# Sleep and Dreams > General Dream Discussion >  >  Composing music in dreams?

## Mitsus

Has anyone tried playing an instrument in dreams? I was thinking about trying.. Say you can't play piano or something, and you know how you are good at composing good music in your head but you just can't play it.. Couldn't you play it in your dreams easilly?

----------


## Burned up

Dunno about instruments, but I certainly remember composing/singing a song in my dream once.  It was in my head for weeks afterwards (well, the last bit was) and I even tried re-composing it for real and it sounded OK.  The lyrics were nonsensical, though.  I just remembered the last line went "...turn the seasons to a whisper".  Rather poetic but no idea what it means!!!

Bu

----------


## Jansch

I found myself composing in dreams many times, but I wasn't ever able to remember the melody or rhythm in order to put it into reality.

As for text, I heard many songs were the text makes little to no sense. So wouldn't be a big deal when you intend to put them into reality, I suppose. Unless you really care for the meanings, that is.

----------


## pj

One of my personal lucid tasks was to perform a concert on an instrument I do not play well.  I was successful, performing an improvised piano concert before a large audience in a huge concert hall.  To my ear, what I played was really good.

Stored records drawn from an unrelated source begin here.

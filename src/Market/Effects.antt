-- ===== src/Market/Effects.antt =====
-- apps/web/src/operator/useMarket.ts: the effect of `useMarket`, which React starts anew whenever the
-- instrument, the bar or the mode changes, after the clean-up of the one before. What an effect has
-- asked for can arrive when a later effect runs.
use montlok_terminal.Prelude.{
  ℕ, suc, String, Bool, true, false, not, ◌||◌, ◌&&◌, List, [], ◌∷◌, Option, none, some,
  if◌then◌else◌, ◌==◌, string_eq, nat_eq, filter, includes, ◌-◌,
}
use montlok_terminal.Prelude.Numbers.{Numbers}
use montlok_terminal.JsMap.{get, set, set_all}
use montlok_terminal.Json.{Json}
use montlok_terminal.Market.Buffer.{Value, MarketBuffer, new_buffer, drain}
use montlok_terminal.Market.Hook.{
  Candle, Shown, empty_shown, show_definition, show_snapshot, bootstrap_trades, show_error,
  show_candles, on_message,
}

-- The variables of one run of the effect. `timers` are the pending ones, `opened` counts the sockets,
-- `closing` are those that were asked to close, and `connects` counts the calls of `connect` that wait
-- for the session.
pub record Effect (N : Type 0) : Type 0 where
  pub instrument : String
  pub disposed : Bool
  pub suspended : Bool
  pub buffer : MarketBuffer N
  pub last_candle : Option (Candle N)
  pub connects : ℕ
  pub opened : ℕ
  pub closing : List ℕ
  pub socket : Option ℕ
  pub reconnect : Option ℕ
  pub timers : List ℕ
  pub started : ℕ

-- What the effect waits for.
pub data Arrival : Type 0 where
  definition : Json → Arrival
  snapshot : List (String × Json) → Arrival
  candles : List Json → Arrival
  candles_failed : String → Arrival
  session_ready : Arrival
  connect_failed : String → Arrival
  socket_open : Arrival
  message : Option Json → Arrival
  socket_closed : Arrival
  reconnects : ℕ → Arrival
  flushes : Arrival
  hides : Arrival
  shows : Bool → Arrival

pub data Event : Type 0 where
  changed : String → Event
  unmounted : Event
  -- what the effect of a generation waits for
  arrives : ℕ → Arrival → Event

pub record Hook (N : Type 0) : Type 0 where
  pub shown : Shown N
  pub generation : ℕ
  pub effects : List (ℕ × Effect N)

abbrev pub new_hook : {N : Type 0} → Hook N
new_hook = record { shown = empty_shown; generation = 0; effects = [] }

abbrev pub new_effect : {N : Type 0} → String → Effect N
new_effect instrument = record {
  instrument = instrument;
  disposed = false;
  suspended = false;
  buffer = new_buffer;
  last_candle = none;
  connects = 1;
  opened = 0;
  closing = [];
  socket = none;
  reconnect = none;
  timers = [];
  started = 0;
}

abbrev close_socket : Option ℕ → List ℕ → List ℕ
close_socket none closing = closing
close_socket (some socket) closing = socket ∷ closing

abbrev pub without : Option ℕ → List ℕ → List ℕ
without none ts = ts
without (some t) ts = filter (λ u. not (u == t)) ts

module _ {N : Type 0} where
  -- the function that the effect returns
  unfoldable pub clean_up : Effect N → Effect N
  clean_up e = record e {
    disposed = true;
    closing = close_socket e.socket e.closing;
    timers = without e.reconnect e.timers;
  }

  -- `connect`, from its `await` on
  unfoldable pub connected : Effect N → Effect N
  connected e =
      let e' = record e { connects = e.connects - 1 } in
      if e.connects == 0
      then e
      else if e.disposed || e.suspended
      then e'
      else record e' { opened = suc e.opened; socket = some e.opened }

  abbrev set_connected : Shown N → Bool → Shown N
  set_connected s b = record s {
    state = set_all s.state (("connected", Value.json (Json.bool b)) ∷ []);
  }

  unfoldable pub on_close : Effect N → Shown N → Effect N × Shown N
  on_close e s = if e.disposed || e.suspended then (e, s) else (
    record e { reconnect = some e.started; timers = e.started ∷ e.timers; started = suc e.started },
    set_connected s false,
  )

  -- the interval of 50 ms
  unfoldable pub flush : Effect N → Shown N → Effect N × Shown N
  flush e s =
      let drained = drain e.buffer in
      let s' : Shown N = elim drained.1 [
        | none ↦ s
        | some batch ↦ record s { state = set_all s.state batch }
      ] in
      elim e.last_candle [
        | none ↦ (record e { buffer = drained.0 }, s')
        | some c ↦
            (record e { buffer = drained.0; last_candle = none }, record s' { candle = some c })
      ]

  unfoldable pub hide : Effect N → Effect N
  hide e = record e {
    suspended = true;
    closing = close_socket e.socket e.closing;
    timers = without e.reconnect e.timers;
  }

  unfoldable pub cleaned : Hook N → List (ℕ × Effect N)
  cleaned h = elim (get h.effects h.generation) [
    | none ↦ h.effects
    | some e ↦ set h.effects h.generation (clean_up e)
  ]

module _ {N : Type 0} ⦃n : Numbers N⦄ where
  -- One arrival; `own` is the effect's generation, `current` the hook's. The clean-up has removed the
  -- interval and both listeners.
  unfoldable pub arrive : ℕ → ℕ → Effect N → Shown N → Arrival → Effect N × Shown N
  arrive own current e s (definition rows) =
      if e.disposed || not (own == current)
      then (e, s)
      else (e, show_definition s rows e.instrument)
  arrive own current e s (snapshot fields) =
      if e.disposed || not (own == current)
      then (e, s)
      else (record e { buffer = bootstrap_trades e.buffer fields }, show_snapshot s fields)
  arrive own current e s (candles rows) =
      if own == current && not e.disposed then (e, show_candles s rows) else (e, s)
  arrive own current e s (candles_failed error) =
      if e.disposed then (e, s) else (e, show_error s error)
  arrive own current e s session_ready = (connected e, s)
  arrive own current e s (connect_failed error) =
      if e.disposed then (e, s) else (e, show_error s error)
  arrive own current e s socket_open =
      if e.disposed then (e, s) else (e, show_error (set_connected s true) "")
  arrive own current e s (message envelope) =
      if e.disposed || e.suspended
      then (e, s)
      else let got = on_message e.buffer e.last_candle envelope in
        (record e { buffer = got.0; last_candle = got.1 }, s)
  arrive own current e s socket_closed = on_close e s
  arrive own current e s (reconnects t) =
      if includes e.timers t
      then (record e { timers = without (some t) e.timers; connects = suc e.connects }, s)
      else (e, s)
  arrive own current e s flushes = if e.disposed then (e, s) else flush e s
  arrive own current e s hides = if e.disposed then (e, s) else (hide e, s)
  arrive own current e s (shows persisted) =
      if e.disposed || not persisted
      then (e, s)
      else (record e { suspended = false; connects = suc e.connects }, s)

  unfoldable pub step : Hook N → Event → Hook N
  step h (changed instrument) =
      let generation = suc h.generation in
      record {
        shown = empty_shown;
        generation = generation;
        effects =
            if instrument == ""
            then cleaned h
            else set (cleaned h) generation (new_effect instrument);
      }
  step h unmounted = record h { effects = cleaned h }
  step h (arrives own a) = elim (get h.effects own) [
    | none ↦ h
    | some e ↦
        let r = arrive own h.generation e h.shown a in
        record h { shown = r.1; effects = set h.effects own r.0 }
  ]

  unfoldable pub run : Hook N → List Event → Hook N
  run h [] = h
  run h (e ∷ es) = run (step h e) es
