-- ===== src/Market/Refinement.antt =====
-- apps/web/src/operator/marketBuffer.ts: the buffer implements a feed, which forgets that the page is
-- brought up to date in batches.
use montlok_terminal.Prelude.{
  String, ◌≡◌, refl, ap, ◌∙◌, Bool, true, false, List, [], ◌∷◌, ◌++◌, Option, none, some, arith,
  if◌then◌else◌, ◌==◌, string_eq, take, Distinct, suc, zero, ℕ, All, ◌≤◌,
}
use montlok_terminal.JsMap.{
  get, set_all, keys, get-set, get-set_all, Distinct-keys-set, Distinct-keys-set_all, has,
}
use montlok_terminal.Json.{Json, array}
use montlok_terminal.Market.Buffer.{
  Value, json, Row, of_items, MarketBuffer, new_buffer, append_trades, put, drain,
}

pub data Call (N : Type 0) : Type 0 where
  appends : List Json → Call N
  puts : String → Value N → Call N
  drains : Call N

-- The page with its buffer: a batch is spread over the row that is shown.
pub record Page (N : Type 0) : Type 0 where
  pub buffer : MarketBuffer N
  pub row : Row N

-- What the buffer promises: the newest value of each property, and every trade ever seen.
pub record Feed (N : Type 0) : Type 0 where
  pub newest : String → Option (Value N)
  pub history : List Json

take-take : {A : Type 0} (m n : ℕ) (xs : List A) → m ≤ n → take m (take n xs) ≡ take m xs
take-take zero n xs h = refl
take-take (suc m) zero xs h = absurd (omega (arith, h))
take-take (suc m) (suc n) [] h = refl
take-take (suc m) (suc n) (x ∷ xs) h = ap (◌∷◌ x) (take-take m n xs (omega (arith, h)))

take-append-take :
    {A : Type 0} (m n : ℕ) (xs ys : List A) → m ≤ n → take m (xs ++ take n ys) ≡ take m (xs ++ ys)
take-append-take m n [] ys h = take-take m n ys h
take-append-take zero n (x ∷ xs) ys h = refl
take-append-take (suc m) n (x ∷ xs) ys h =
    ap (◌∷◌ x) (take-append-take m n xs ys (omega (arith, h)))

module _ {N : Type 0} where
  unfoldable pub call_page : Page N → Call N → Page N
  call_page p (appends rows) = record p { buffer = append_trades p.buffer rows }
  call_page p (puts key value) = record p { buffer = put p.buffer key value }
  call_page p drains =
      let drained = drain p.buffer in
      elim drained.1 [
        | none ↦ record p { buffer = drained.0 }
        | some batch ↦ record { buffer = drained.0; row = set_all p.row batch }
      ]

  abbrev pub new_page : Page N
  new_page = record { buffer = new_buffer; row = [] }

  abbrev pub new_feed : Feed N
  new_feed = record { newest = λ k. none; history = [] }

  abbrev changed : (String → Option (Value N)) → String → Value N → String → Option (Value N)
  changed f key value k = if key == k then some value else f k

  unfoldable pub call_feed : Feed N → Call N → Feed N
  call_feed f (appends rows) = record {
    history = rows ++ f.history;
    newest = changed f.newest "trades" (json (array (of_items (take 60 (rows ++ f.history)))));
  }
  call_feed f (puts key value) = record f { newest = changed f.newest key value }
  call_feed f drains = f

  unfoldable pub calls_page : Page N → List (Call N) → Page N
  calls_page p [] = p
  calls_page p (c ∷ cs) = calls_page (call_page p c) cs

  unfoldable pub calls_feed : Feed N → List (Call N) → Feed N
  calls_feed f [] = f
  calls_feed f (c ∷ cs) = calls_feed (call_feed f c) cs

  -- The page's row, once the buffer is drained.
  abbrev due : Page N → String → Option (Value N)
  due p k =
      if "trades" == k
      then if p.buffer.trades_changed
        then some (json (array (of_items p.buffer.trades)))
        else get p.row k
      else if has p.buffer.pending k
      then get p.buffer.pending k
      else get p.row k

  -- `newest` is compared at one property; the page's pending properties are in no order.
  abbrev Refines : Page N → Feed N → Type 0
  Refines p f =
      (p.buffer.trades ≡ take 60 f.history)
      × Distinct (keys p.buffer.pending)
      × (has p.buffer.pending "trades" ≡ false)
      × ((k : String) → due p k ≡ f.newest k)

  abbrev pub is_other : Call N → Bool
  is_other (puts key value) = if key == "trades" then false else true
  is_other _ = true

  get-batch :
      (row pending tail : Row N) (k : String)
      → Distinct (keys pending)
      → Distinct (keys tail)
      → get (set_all row (set_all (set_all [] pending) tail)) k
        ≡ (if has tail k then get tail k else if has pending k then get pending k else get row k)
  get-batch row pending tail k dp dt = ground (
    arith,
    get-set_all row (set_all (set_all [] pending) tail) k
        (Distinct-keys-set_all (set_all [] pending) tail (Distinct-keys-set_all [] pending tt)),
    get-set_all (set_all [] pending) tail k dt,
    get-set_all [] pending k dp,
  )

  abbrev page : Row N → List Json → Bool → Row N → Page N
  page pending trades changes row = record {
    buffer = record { pending = pending; trades = trades; trades_changed = changes };
    row = row;
  }

  drains-Refines :
      (pending : Row N) (trades : List Json) (changes : Bool) (row : Row N) (f : Feed N)
      → Refines (page pending trades changes row) f
      → Refines (call_page (page pending trades changes row) drains) f
  unfolding call_page drain
  drains-Refines [] trades false row f h = h
  drains-Refines [] trades true row f h = (
    h.0,
    tt,
    refl,
    λ k. ground (
      arith,
      h.3 k,
      get-batch row [] (("trades", json (array (of_items trades))) ∷ []) k tt (refl, tt),
    ),
  )
  drains-Refines (x ∷ pending) trades false row f h = (
    h.0,
    tt,
    refl,
    λ k.
        ground (
          arith,
          h.2,
          h.3 k,
          get-batch row (x ∷ pending) [] k h.1 tt,
          string_eq.beq_iff "trades" k,
        ),
  )
  drains-Refines (x ∷ pending) trades true row f h = (
    h.0,
    tt,
    refl,
    λ k. ground (
      arith,
      h.2,
      h.3 k,
      get-batch row (x ∷ pending) (("trades", json (array (of_items trades))) ∷ []) k h.1
          (refl, tt),
    ),
  )

  call-Refines :
      (p : Page N) (f : Feed N) (c : Call N)
      → is_other c ≡ true
      → Refines p f
      → Refines (call_page p c) (call_feed f c)
  unfolding call_page call_feed append_trades drain
  call-Refines p f (appends rows) o h = (
    rw h.0 (take-append-take 60 60 rows f.history (omega arith)),
    h.1,
    h.2,
    λ k. ground (arith, h.3 k, h.0, take-append-take 60 60 rows f.history (omega arith)),
  )
  call-Refines p f (puts key value) o h = (
    h.0,
    Distinct-keys-set p.buffer.pending key value h.1,
    ground (arith, h.2, o, get-set p.buffer.pending key value "trades"),
    λ k. ground (
      arith,
      h.2,
      h.3 k,
      o,
      get-set p.buffer.pending key value k,
      string_eq.beq_iff key k,
      string_eq.beq_iff key "trades",
      string_eq.beq_iff "trades" k,
    ),
  )
  call-Refines p f drains o h =
      drains-Refines p.buffer.pending p.buffer.trades p.buffer.trades_changed p.row f h

  calls-Refines_from :
      (p : Page N) (f : Feed N) (calls : List (Call N))
      → All (λ c. is_other c ≡ true) calls
      → Refines p f
      → Refines (calls_page p calls) (calls_feed f calls)
  unfolding calls_page calls_feed
  calls-Refines_from p f [] o h = h
  calls-Refines_from p f (c ∷ cs) o h =
      calls-Refines_from (call_page p c) (call_feed f c) cs o.1 (call-Refines p f c o.0 h)

  drained-IsEmpty :
      (pending : Row N) (trades : List Json) (changes : Bool) (row : Row N)
      → let p = call_page (page pending trades changes row) drains in
        (p.buffer.pending ≡ []) × (p.buffer.trades_changed ≡ false)
  unfolding call_page drain
  drained-IsEmpty [] trades false row = (refl, refl)
  drained-IsEmpty [] trades true row = (refl, refl)
  drained-IsEmpty (x ∷ pending) trades false row = (refl, refl)
  drained-IsEmpty (x ∷ pending) trades true row = (refl, refl)

  due_drained :
      (p : Page N) (k : String) → get (call_page p drains).row k ≡ due (call_page p drains) k
  due_drained p k =
      ground (arith, drained-IsEmpty p.buffer.pending p.buffer.trades p.buffer.trades_changed p.row)

  -- Whatever calls there were, in whatever order, beginning with an empty page: the buffer holds the
  -- newest sixty of all trades that were appended, and once it is drained the page shows the newest
  -- value of every property that was put, and those trades. No call puts a property named `trades`.
  pub calls-Refines :
      (calls : List (Call N)) (k : String)
      → All (λ c. is_other c ≡ true) calls
      → ((calls_page new_page calls).buffer.trades ≡ take 60 (calls_feed new_feed calls).history)
        × (get (call_page (calls_page new_page calls) drains).row k
            ≡ (calls_feed new_feed calls).newest k)
  unfolding calls_feed call_feed
  calls-Refines calls k o =
      let h = calls-Refines_from new_page new_feed calls o (refl, tt, refl, λ j. ground arith) in
      let d = call-Refines (calls_page new_page calls) (calls_feed new_feed calls) drains refl h in
      (h.0, due_drained (calls_page new_page calls) k ∙ d.3 k)
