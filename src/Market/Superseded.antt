-- ===== src/Market/Superseded.antt =====
-- apps/web/src/operator/useMarket.ts: what an earlier effect still waits for is never shown.
use montlok_terminal.Prelude.{
  ℕ, suc, ◌≡◌, ◌⊎◌, refl, inl, inr, Bool, true, false, List, [], ◌∷◌, none, some, not, ◌∙◌, arith,
  ◌==◌, nat_eq, string_eq, All, Option-cases, Bool-cases,
}
use montlok_terminal.Prelude.Numbers.{Numbers}
use montlok_terminal.JsMap.{get, set, get-set}
use montlok_terminal.Market.Hook.{Shown}
use montlok_terminal.Market.Effects.{
  Effect, Arrival, definition, snapshot, candles, candles_failed, session_ready, connect_failed,
  socket_open, message, socket_closed, reconnects, flushes, hides, shows, Event, changed, unmounted,
  arrives, Hook, new_hook, new_effect, clean_up, connected, on_close, arrive, cleaned, step, run,
}

-- An arrival for an effect of an earlier generation.
abbrev pub is_late : ℕ → Event → Bool
is_late current (arrives own a) = not (own == current)
is_late current _ = false

module _ {N : Type 0} ⦃n : Numbers N⦄ where
  -- Only the effect of the current generation is not disposed.
  abbrev pub IsCurrent : Hook N → Type 0
  IsCurrent h =
      (own : ℕ) (e : Effect N)
      → get h.effects own ≡ some e
      → (e.disposed ≡ true) ⊎ (own ≡ h.generation)

  arrive-disposed :
      (own current : ℕ) (e : Effect N) (s : Shown N) (a : Arrival)
      → e.disposed ≡ true
      → ((arrive own current e s a).0.disposed ≡ true) × ((arrive own current e s a).1 ≡ s)
  unfolding arrive connected on_close
  arrive-disposed own current e s (definition rows) h = ground (arith, h)
  arrive-disposed own current e s (snapshot fields) h = ground (arith, h)
  arrive-disposed own current e s (candles rows) h = ground (arith, h)
  arrive-disposed own current e s (candles_failed error) h = ground (arith, h)
  arrive-disposed own current e s session_ready h = ground (arith, h)
  arrive-disposed own current e s (connect_failed error) h = ground (arith, h)
  arrive-disposed own current e s socket_open h = ground (arith, h)
  arrive-disposed own current e s (message envelope) h = ground (arith, h)
  arrive-disposed own current e s socket_closed h = ground (arith, h)
  arrive-disposed own current e s (reconnects t) h = ground (arith, h)
  arrive-disposed own current e s flushes h = ground (arith, h)
  arrive-disposed own current e s hides h = ground (arith, h)
  arrive-disposed own current e s (shows persisted) h = ground (arith, h)

  -- Setting an entry that is disposed, or the current one, keeps the rest as it was.
  set-IsCurrent :
      (effects : List (ℕ × Effect N)) (own current : ℕ) (e : Effect N)
      → ((o : ℕ) (x : Effect N) → get effects o ≡ some x → (x.disposed ≡ true) ⊎ (o ≡ current))
      → (e.disposed ≡ true) ⊎ (own ≡ current)
      → (o : ℕ) (x : Effect N) → get (set effects own e) o ≡ some x
      → (x.disposed ≡ true) ⊎ (o ≡ current)
  set-IsCurrent effects own current e h d o x q = elim (Bool-cases (own == o)) [
    | inl p ↦ ground (arith, q, p, get-set effects own e o, d, nat_eq.beq_iff own o)
    | inr p ↦ h o x (ground (arith, q, p, get-set effects own e o))
  ]

  cleaned_absent : (h : Hook N) → get h.effects h.generation ≡ none → cleaned h ≡ h.effects
  unfolding cleaned
  cleaned_absent h p = rw (cleaned, p) refl

  cleaned_present :
      (h : Hook N) (e : Effect N)
      → get h.effects h.generation ≡ some e
      → cleaned h ≡ set h.effects h.generation (clean_up e)
  unfolding cleaned
  cleaned_present h e p = rw (cleaned, p) refl

  clean_up-disposed : (e : Effect N) → (clean_up e).disposed ≡ true
  unfolding clean_up
  clean_up-disposed e = refl

  cleaned-disposed :
      (h : Hook N)
      → IsCurrent h
      → (o : ℕ) (x : Effect N) → get (cleaned h) o ≡ some x
      → x.disposed ≡ true
  cleaned-disposed h c o x q = elim (Option-cases (get h.effects h.generation)) [
    | inl p ↦
        let q' : get h.effects o ≡ some x = ground (arith, q, cleaned_absent h p) in
        elim (c o x q') [ inl d ↦ d | inr e ↦ absurd (ground (arith, e, p, q')) ]
    | inr (e, p) ↦ elim (Bool-cases (h.generation == o)) [
      | inl r ↦ ground (
        arith,
        q,
        r,
        cleaned_present h e p,
        get-set h.effects h.generation (clean_up e) o,
        clean_up-disposed e,
      )
      | inr r ↦
          let q' : get h.effects o ≡ some x =
            ground
              (arith, q, r, cleaned_present h e p, get-set h.effects h.generation (clean_up e) o) in
          elim (c o x q') [
            | inl d ↦ d
            | inr e' ↦ absurd (ground (arith, r, e', nat_eq.beq_iff h.generation o))
          ]
    ]
  ]

  step-IsCurrent : (h : Hook N) (e : Event) → IsCurrent h → IsCurrent (step h e)
  unfolding step
  step-IsCurrent h (changed instrument) c = elim (Bool-cases (instrument == "")) [
    | inl q ↦ rw q (λ o x p. inl (cleaned-disposed h c o x p))
    | inr q ↦ rw q (
        set-IsCurrent (cleaned h) (suc h.generation) (suc h.generation) (new_effect instrument)
          (λ o x p. inl (cleaned-disposed h c o x p)) (inr refl))
  ]
  step-IsCurrent h unmounted c = λ o x p. inl (cleaned-disposed h c o x p)
  step-IsCurrent h (arrives own a) c = elim (Option-cases (get h.effects own)) [
    | inl q ↦ rw (step, q) c
    | inr (e, q) ↦
        rw (step, q)
          (set-IsCurrent h.effects own h.generation (arrive own h.generation e h.shown a).0 c
            (elim (c own e q) [
              | inl d ↦ inl (arrive-disposed own h.generation e h.shown a d).0
              | inr p ↦ inr p
            ]))
  ]

  pub run-IsCurrent : (h : Hook N) (es : List Event) → IsCurrent h → IsCurrent (run h es)
  unfolding run
  run-IsCurrent h [] c = c
  run-IsCurrent h (e ∷ es) c = run-IsCurrent (step h e) es (step-IsCurrent h e c)

  step-late :
      (h : Hook N) (e : Event)
      → IsCurrent h
      → is_late h.generation e ≡ true
      → ((step h e).shown ≡ h.shown) × ((step h e).generation ≡ h.generation)
  unfolding step
  step-late h (changed instrument) c l = absurd (ground arith)
  step-late h unmounted c l = absurd (ground arith)
  step-late h (arrives own a) c l = elim (Option-cases (get h.effects own)) [
    | inl q ↦ rw (step, q) (refl, refl)
    | inr (e, q) ↦
        rw (step, q)
          (
            elim (c own e q) [
              | inl d ↦ (arrive-disposed own h.generation e h.shown a d).1
              | inr p ↦ absurd (ground (arith, l, p, nat_eq.beq_iff own h.generation))
            ],
            refl,
          )
  ]

  run-late :
      (h : Hook N) (late : List Event)
      → IsCurrent h
      → All (λ e. is_late h.generation e ≡ true) late
      → (run h late).shown ≡ h.shown
  unfolding run
  run-late h [] c l = refl
  run-late h (e ∷ es) c l =
      let s = step-late h e c l.0 in
      run-late (step h e) es (step-IsCurrent h e c) (rw s.1 l.1) ∙ s.0

  -- Whatever has happened, in whatever order: answers, messages, socket events and timers of an
  -- effect that a later change of the instrument has replaced change nothing of what is shown.
  pub run-superseded :
      (es late : List Event)
      → All (λ e. is_late (run (new_hook {N = N}) es).generation e ≡ true) late
      → (run (run (new_hook {N = N}) es) late).shown ≡ (run (new_hook {N = N}) es).shown
  run-superseded es late l =
      run-late (run (new_hook {N = N}) es) late
        (run-IsCurrent new_hook es (λ o x p. absurd (ground arith))) l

I have carried a couple of song fragments from my dreams.  Most of the time they get lost though.

Dave Carter, one of my favorite songwriters, claims to have awaken with "Gentle Arms of Eden" completely remembered from a dream.  It is an awesome song.

----------


## skysaw

This is fairly common for me, since I am a composer in real life, and make it one of my LD goals. There are a number of entries in my journal on this topic (and one more I'll be writing up soon.)

----------


## Pegasis

> Has anyone tried playing an instrument in dreams? I was thinking about trying.. Say you can't play piano or something, and you know how you are good at composing good music in your head but you just can't play it.. Couldn't you play it in your dreams easilly?



I dream about composing music at times because I have a musical ear, but I never went right into music.

----------


## Beeyahoi

I have had a few dreams, all of which non-lucid, where I've been listening to music in a car or something that I've never heard before, and when I wake up I think, "That was some of the best music I've ever heard."

I want to have a lucid dream where I can deliberately compose music, but no luck there yet.

----------


## Mitsus

Last night I had a good one. It sounded like one of the classics, like I've heard it before.. but I haven't.

----------


## G0MPgomp

> Has anyone tried playing an instrument in dreams? I was thinking about trying.. Say you can't play piano or something, and you know how you are good at composing good music in your head but you just can't play it.. Couldn't you play it in your dreams easilly?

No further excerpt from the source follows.